(Stored items)
^^^^

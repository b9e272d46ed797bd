-- ===== src/Metrics.antt =====
-- frontend/src/hooks/useMetricsHistory.ts: the points of the charts, loaded from the backend and
-- continued by the readings of the socket. Times are milliseconds; subtraction stops at 0, which
-- decides the tests on times as the negative number does.
pub mod Spacing
pub mod Window
mod Tests
use vps_dashboard.Common.{
  ℕ, suc, ◌+◌, ◌-◌, String, Bool, true, false, not, ◌&&◌, Option, none, some, List, [], ◌∷◌, ◌++◌,
  map, filter, ltb, leb, ◌==◌, if◌then◌else◌, get_last?,
}
use vps_dashboard.Types.{MetricsTimeRange, minute, hour, half_day, day, MetricsSnapshot}

abbrev pub range_ms : MetricsTimeRange → ℕ
range_ms minute = 60000
range_ms hour = 3600000
range_ms half_day = 43200000
range_ms day = 86400000

-- The interval of the timer that loads again.
abbrev pub every_ms : MetricsTimeRange → ℕ
every_ms minute = 2000
every_ms hour = 5000
every_ms half_day = 5000
every_ms day = 5000

-- `Object.is` of two ranges.
abbrev pub same_range : MetricsTimeRange → MetricsTimeRange → Bool
same_range minute minute = true
same_range hour hour = true
same_range half_day half_day = true
same_range day day = true
same_range _ _ = false

pub record BackendPoint (Num : Type 0) : Type 0 where
  pub t : ℕ
  pub cpu : Num
  pub mem : Num
  pub disk : Num
  pub net_up : Num
  pub net_down : Num

-- The numbers that the hook is called with.
pub record Reading (Num : Type 0) : Type 0 where
  pub cpu : Num
  pub memory : Num
  pub disk : Num
  pub net_up : Num
  pub net_down : Num

-- What one request for the history gives: a failure (an exception or a status other than success),
-- or a body with its field `points`.
pub data Answer (Num : Type 0) : Type 0 where
  failed : Answer Num
  body : Option (List (BackendPoint Num)) → Answer Num

module _ {Num : Type 0} where
  abbrev pub snapshot : BackendPoint Num → MetricsSnapshot Num
  snapshot p = record {
    timestamp = p.t;
    cpu = p.cpu;
    memory = p.mem;
    disk = p.disk;
    net_up = p.net_up;
    net_down = p.net_down;
  }

  unfoldable pub mapped : Option (List (BackendPoint Num)) → List (MetricsSnapshot Num)
  mapped none = []
  mapped (some points) = map snapshot points

  abbrev pub reading_at : ℕ → Reading Num → MetricsSnapshot Num
  reading_at ts r = record {
    timestamp = ts;
    cpu = r.cpu;
    memory = r.memory;
    disk = r.disk;
    net_up = r.net_up;
    net_down = r.net_down;
  }

  -- `prev.length > 0 && ts - prev[prev.length - 1].timestamp < 1500`
  abbrev pub is_early : ℕ → Option (MetricsSnapshot Num) → Bool
  is_early ts none = false
  is_early ts (some last) = ltb (ts - last.timestamp) 1500

  -- The updater of the effect on the readings.
  unfoldable pub append : ℕ → Reading Num → List (MetricsSnapshot Num) → List (MetricsSnapshot Num)
  append ts r prev = if is_early ts (get_last? prev) then prev else prev ++ reading_at ts r ∷ []

  unfoldable pub visible :
      ℕ → MetricsTimeRange → List (MetricsSnapshot Num) → List (MetricsSnapshot Num)
  visible now range points = filter (λ p. leb (now - range_ms range) p.timestamp) points

-- The state of the hook. `run` counts the runs of the effect on the range: a request belongs to one
-- run, and its variable `cancelled` is set when a later run has begun.
pub record HistoryState (Num : Type 0) : Type 0 where
  pub points : List (MetricsSnapshot Num)
  pub range : MetricsTimeRange
  pub run : ℕ

pub data HistoryEvent (Num : Type 0) : Type 0 where
  -- an answer to a request of the run with that number
  load_ended : ℕ → Answer Num → HistoryEvent Num
  -- new arguments: the time, the reading, and whether the socket is connected
  read : ℕ → Reading Num → Bool → HistoryEvent Num
  range_set : MetricsTimeRange → HistoryEvent Num

module _ {Num : Type 0} where
  abbrev pub with_points : HistoryState Num → List (MetricsSnapshot Num) → HistoryState Num
  with_points s points = record { points = points; range = s.range; run = s.run }

  abbrev pub initial : HistoryState Num
  initial = record { points = []; range = hour; run = 0 }

  unfoldable pub handle : HistoryState Num → HistoryEvent Num → HistoryState Num
  handle s (load_ended run failed) = s
  handle s (load_ended run (body points)) =
      if run == s.run then with_points s (mapped points) else s
  handle s (read ts r connected) = if connected then with_points s (append ts r s.points) else s
  handle s (range_set range) =
      if same_range range s.range
      then s
      else record { points = s.points; range = range; run = suc s.run }

  unfoldable pub handle_all : HistoryState Num → List (HistoryEvent Num) → HistoryState Num
  handle_all s [] = s
  handle_all s (e ∷ es) = handle_all (handle s e) es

^^^^

Copy range, inclusive: the line holding "abbrev pub reading_at" to the line holding "is_early ts (some". Reproduce exactly those lines of the records above and no others.

  abbrev pub reading_at : ℕ → Reading Num → MetricsSnapshot Num
  reading_at ts r = record {
    timestamp = ts;
    cpu = r.cpu;
    memory = r.memory;
    disk = r.disk;
    net_up = r.net_up;
    net_down = r.net_down;
  }

  -- `prev.length > 0 && ts - prev[prev.length - 1].timestamp < 1500`
  abbrev pub is_early : ℕ → Option (MetricsSnapshot Num) → Bool
  is_early ts none = false
  is_early ts (some last) = ltb (ts - last.timestamp) 1500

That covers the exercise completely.